Saturday, 28 March 2015

"O for a thousand tongues to sing" Charles Wesley, 1707-1788

CHARLES WESLEY, the greatest hymn-writer in Methodist history, wrote over six thousand hymns, some of which have attained the first rank in English hymnody. He and his brother, John Wesley, admitted that they made more converts through their hymns than through their preaching. 

Charles Wesley usually celebrated each anniversary of his birthday by writing a hymn of praise to God. Little wonder, therefore, that the first anniversary of his conversion, his spiritual birthday, should be celebrated by one of the most helpful hymns in use among Methodists. The opening line of the hymn, "O for a thousand tongues to sing," is reminiscent of a remark of praise to God, once uttered to Wesley by Peter Border : "Had I a thousand tongues, I would praise Him with them all." 

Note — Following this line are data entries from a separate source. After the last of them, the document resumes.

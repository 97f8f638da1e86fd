-- ===== src/Token/Grants.antt =====
-- The client_credentials, password and device_code grants.
pub mod Sound
use sienne.Base.{
  ℕ, zero, suc, ◌+◌, ◌-◌, ◌*◌, ◌/◌, ◌%◌, ◌^◌, ◌≤◌, ◌<◌, String, ◌≡◌, refl, sym, ap, subst, ◌∙◌, ◌≢◌,
  ◌↔◌, ◌⊎◌, inl, inr, Bool, true, false, not, ◌&&◌, ◌||◌, Option, none, some, List, [], ◌∷◌, ◌++◌,
  map, arith, ◌==◌, eq_iff, eq_refl, ltb, leb, nat_eq, nat_eq_iff, if◌then◌else◌, Bool-cases,
  Option-cases, length, length-append, All, All-append, Any,
}
use sienne.Base.Exec.{
  caught, Fault, no_rows, other, Result, ok, err, fault, Exec, Port, pure, fail, raise, call,
  always, ignore, guard, require, ◌>>=◌, ◌>>◌,
}
use sienne.Base.Int.{
  ℤ, pos, negsuc, pos_part, neg_part, sub_ℕ, ◌+ℤ◌, ◌-ℤ◌, ◌*ℤ◌, ◌<ℤ◌, ltb_ℤ, eqb_ℤ, ltb_ℤ_iff,
  eqb_ℤ_iff, nanos_per_second, seconds, unix, whole_seconds, +ℤ_parts,
}
use sienne.Base.Text.{trim_space, to_lower, to_upper, join, is_blank, trim_space_idem}
use sienne.Domain.{
  active_client, active_client-eq-some, zero_time, Client, Session, AuthorizationCode, User,
  AccessToken, RefreshToken,
}
use sienne.Ports.{
  SessionCacheEntry, SessionCache, ReplayStatus, replay_none, replay_grace, replay_rejected,
  TokenResponse, ReplayResult, AccessTokenEntry, RefreshTokenEntry, TokenCache, DeviceCodeEntry,
  DeviceCodes, Clients, Sessions, Consents, AuthorizationCodes, Users, Tokens, Clock, Json, Strconv,
  Passwords, Claim, text, texts, number, flag, Signer, Digest,
}
use sienne.Scopes.{contains, normalize_from, normalize_scopes, allowed_set, each_in, all_contained}
use sienne.Token.{
  Err, unsupported_grant_type, invalid_client, invalid_scope, invalid_code, invalid_redirect_uri,
  invalid_code_verifier, invalid_refresh_token, invalid_user_credentials, invalid_device_code,
  authorization_pending, slow_down, access_denied, Input, Answer, Service,
  refresh_token_grace_period, grant_authorization_code, grant_refresh_token,
  grant_client_credentials, grant_password, grant_device_code, verifies, validate_client_secret,
  validate_code_verifier, must_decode_scope_json, should_issue_refresh_token, int64_string_ptr,
  granted_scopes, answer_of_response, find_client, check_secret, access_claims, access_model,
  mint_access, refresh_model, refresh_entry, new_refresh_token, add_refresh,
  issue_user_grant_tokens,
}

-- `user == nil || user.Status == "locked" || (user.Status != "" && user.Status != "active")` fails.
unfoldable pub usable_user : Option User → Option User
usable_user none = none
usable_user (some u) =
    if u.status == "locked"
    then none
    else if not (is_blank u.status) && not (u.status == "active")
    then none
    else some u

-- `entry == nil || entry.ClientID != client.ClientID || !entry.ExpiresAt.After(now)` fails.
unfoldable pub current_entry : Client → ℤ → Option DeviceCodeEntry → Option DeviceCodeEntry
current_entry client now none = none
current_entry client now (some entry) =
    if entry.client_id == client.client_id && ltb_ℤ now entry.expires_at then some entry else none

-- The `switch` on the status: `none` goes on.
unfoldable pub device_status_error : String → Option Err
device_status_error status =
    if is_blank status || status == "pending"
    then some authorization_pending
    else if status == "denied"
    then some access_denied
    else if status == "consumed"
    then some invalid_device_code
    else if status == "approved"
    then none
    else some invalid_device_code

unfoldable pub approving_user : Option ℤ → Option ℤ
approving_user none = none
approving_user (some n) = if ltb_ℤ (pos 0) n then some n else none

-- `user == nil || user.UserUUID != entry.Subject` fails.
unfoldable pub subject_user : DeviceCodeEntry → Option User → Option User
subject_user entry none = none
subject_user entry (some u) = if u.user_uuid == entry.subject then some u else none

module _ {W : Type 0} (s : Service W) where
  unfoldable pub exchange_client_credentials : Input → Exec W Err Answer
  unfolding find_client check_secret granted_scopes mint_access
  exchange_client_credentials input = do
    client ← find_client s input grant_client_credentials
    check_secret s input client
    let scopes = granted_scopes input.scopes client.scopes
    guard (all_contained scopes client.scopes) invalid_scope
    now ← always s.clock.now
    mint_access s client none client.client_id client.client_id scopes now

  unfoldable pub exchange_password : Input → Exec W Err Answer
  unfolding find_client check_secret usable_user verifies granted_scopes issue_user_grant_tokens
  exchange_password input = do
    client ← find_client s input grant_password
    check_secret s input client
    found ← call (s.users.find_by_username (trim_space input.username))
    user ← require (usable_user found) invalid_user_credentials
    guard (verifies s.passwords input.password user.password_hash) invalid_user_credentials
    let scopes = granted_scopes input.scopes client.scopes
    guard (all_contained scopes client.scopes) invalid_scope
    now ← always s.clock.now
    issue_user_grant_tokens s client user scopes now

  refuse : Option Err → Exec W Err (Unit {0})
  refuse none = pure tt
  refuse (some e) = fail e

  -- From the point where the entry is known to be approved.
  unfoldable pub pair : DeviceCodes W → Client → DeviceCodeEntry → Exec W Err Answer
  unfolding approving_user subject_user must_decode_scope_json issue_user_grant_tokens
  pair codes client entry = do
    user_id ← require (approving_user (s.strconv.parse_int entry.user_id)) invalid_device_code
    account ← call (s.users.find_by_id user_id)
    user ← require (subject_user entry account) invalid_device_code
    now ← always s.clock.now
    answer ←
        issue_user_grant_tokens s client user (must_decode_scope_json s.json entry.scopes_json) now
    consumed ← always s.clock.now
    call (codes.mark_consumed entry.device_code consumed)
    pure answer

  unfoldable pub poll : DeviceCodes W → Input → Client → Exec W Err Answer
  unfolding current_entry refuse device_status_error pair
  poll codes input client = do
    found ← call (codes.get_by_device_code (trim_space input.device_code))
    at ← always s.clock.now
    entry ← require (current_entry client at found) invalid_device_code
    polled ← always s.clock.now
    allowed ← call (codes.touch_poll entry.device_code polled (seconds entry.interval))
    guard allowed slow_down
    refuse (device_status_error entry.status)
    pair codes client entry

  unfoldable pub exchange_device_code : Input → Exec W Err Answer
  unfolding find_client check_secret poll
  exchange_device_code input = do
    client ← find_client s input grant_device_code
    check_secret s input client
    codes ← require s.device_codes unsupported_grant_type
    poll codes input client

When Charles Wesley was converted he had been ill in bed for some time, and the fear of death had often come into his mind. On Sunday, May 21, 1738, his brother and some friends came in and sang a hymn. After they went out he prayed alone for some time. In his journal we read: "I was composing myself to sleep in quietness and peace when I heard one come in and say, In the name of Jesus of Nazareth, arise, and believe, and thou shalt be healed of all thine infirmities. The words struck me to the heart. I lay musing and trembling. With a strange palpitation of heart, I said, yet feared to say, I believe, I believe ! " These memories he has woven into that wonderful third verse of the hymn: 

Jesus ! the name that charms our fears, 
That bids our sorrows cease ; 
Tis music in the sinner s ears, 
Tis life, and health, and peace.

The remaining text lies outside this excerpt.